Performance of neural network basecalling tools for Oxford Nanopore sequencing
Ryan R. Wick1, Louise M. Judd1 and Kathryn E. Holt1,2
1. Department of Infectious Diseases, Central Clinical School, Monash University, Melbourne, Victoria 3004, Australia
2. London School of Hygiene & Tropical Medicine, London WC1E 7HT, UK
This repository contains the scripts used in the preparation of our manuscript on basecalling performance:
Wick RR, Judd LM, Holt KE. Performance of neural network basecalling tools for Oxford Nanopore sequencing. Genome Biology. 2019;20(1):129.
In August 2019, I put a small addendum to this paper on GitHub which looks at a more recent version of Guppy as well as some different polishing strategies:
github.com/rrwick/August-2019-consensus-accuracy-update
Previous versions of this repository contained the analysis results here in the README, but the current results are now in that manuscript and this repo just holds the scripts associated with the analysis. These scripts assume you're running on Ubuntu 16.04. They make work on other OSs, but no guarantees!

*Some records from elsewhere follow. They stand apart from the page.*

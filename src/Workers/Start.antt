-- ===== src/Workers/Start.antt =====
-- The steps of python/pydeno/_sandbox_pool.py that touch a capacity: each is a critical section of
-- `_Core.new` or `_Core.fill`, the start of a process between two of them, or the exit of one.
use pydeno.Prelude.{ℕ, suc, ◌<◌, ◌≡◌, Bool, true, false, Option, none, some, ◌==◌, if◌then◌else◌}
use pydeno.Workers.{
  Held, reserved, process, handover, WorkerCapacity, init, live, available, find, assign, hand_over,
  replacement_pending, release, reserve,
}

-- A capacity among its processes: which have not exited, and which one each start has running. Processes
-- from `next_proc` on have not been started.
pub record System : Type 0 where
  pub capacity : WorkerCapacity
  pub alive : ℕ → Bool
  pub running : ℕ → Option ℕ
  pub next_proc : ℕ

abbrev pub put {ℓ} : {A : Type ℓ} → ℕ → A → (ℕ → A) → ℕ → A
put key value f at = if at == key then value else f at

abbrev pub begin : Option ℕ → System
begin maximum = record {
  capacity = init maximum;
  alive = λ _. false;
  running = λ _. none;
  next_proc = 0;
}

-- What a start may do with its slot: a reserved one, or one whose old process has exited.
abbrev pub CanStart : (ℕ → Bool) → Option Held → Type 0
CanStart alive none = ⊥
CanStart alive (some reserved) = Unit
CanStart alive (some (process p)) = ⊥
CanStart alive (some (handover p)) = alive p ≡ false

abbrev pub with_workers : WorkerCapacity → ℕ → Held → WorkerCapacity
with_workers c token held = record c { workers = assign token held c.workers }

pub data Step (s : System) : System → Type 0 where
  -- `live`, by `stats` or a wait
  polls : Step s (record s { capacity = (live s.alive s.capacity).0 })
  -- `if capacity.available(): token = capacity.reserve()`
  reserves :
      (available s.alive s.capacity).1 ≡ true
      → Step s (record s { capacity = (reserve (available s.alive s.capacity).0).0 })
  -- `factory()` or `_create`, behind the wait for the old process: the process runs
  starts :
      (token : ℕ)
      → CanStart s.alive (find token s.capacity.workers)
      → s.running token ≡ none
      → Step s (record s {
        alive = put s.next_proc true s.alive;
        running = put token (some s.next_proc) s.running;
        next_proc = suc s.next_proc;
      })
  -- `capacity.workers[token] = rt._proc`, of the process that the start has running, if it has not exited
  records :
      (token p : ℕ)
      → CanStart s.alive (find token s.capacity.workers)
      → p < s.next_proc
      → s.running token ≡ (if s.alive p then some p else none)
      → Step s (record s { capacity = with_workers s.capacity token (process p) })
  -- `capacity.release(token)`, of a start that raised, or of a wait for the old process that ended
  gives_up :
      (token : ℕ)
      → (replacement_pending s.alive token s.capacity ≡ false → s.running token ≡ none)
      → Step s (record s { capacity = release s.alive token s.capacity })
  -- `hand_over`
  hands_over : (p : ℕ) → Step s (record s { capacity = (hand_over p s.capacity).0 })
  -- A process exits.
  exits :
      (token p : ℕ)
      → s.running token ≡ some p
      → Step s (record s { alive = put p false s.alive; running = put token none s.running })

pub data Reach (s : System) : System → Type 0 where
  here : Reach s s
  next : {t u : System} → Reach s t → Step t u → Reach s u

If you're still interested in the older results, here is a link to the earlier version of this repo: Comparison of Oxford Nanopore basecalling tools.
Basecalling
Before you analyse a read set, you must generate the read set! The basecalling_scripts
directory contains Bash scripts with the loops/commands I used to run the various basecallers. You'll need to edit the paths at the top of these scripts before running them.
Custom training of basecallers
The sloika_training_scripts
directory contains the commands we used to train the custom-Kp and custom-Kp-big-net models using our fork of Sloika.
We used many different isolates in our training set, so the per-isolate_commands.sh
script contains the commands which must be run separately for each of them.
After the prepartory work is done, the model can be trained with the commands in training_commands.sh
.
Read set analysis
The analysis_scripts
directory contains the scripts for processing and generating accuracy measurements from read sets. Before the analysis, the reads must be given consistent names, as different basecallers have different conventions for the fastq headers. The fix_read_names.py
script will convert a read fastq into a format suitable for the next step.
analysis.sh
is the 'master script' that will run all analyses on a given read set: read-level accuracy, assembly, assembly-level accuracy, nanopolish and nanopolish-level accuracy. It will use the other scripts in its execution. You also might want to edit some of the variables at the start of the script to change things like the output directories and the number of CPU threads. You can also comment out parts of this script if you only want to run some of the analyses.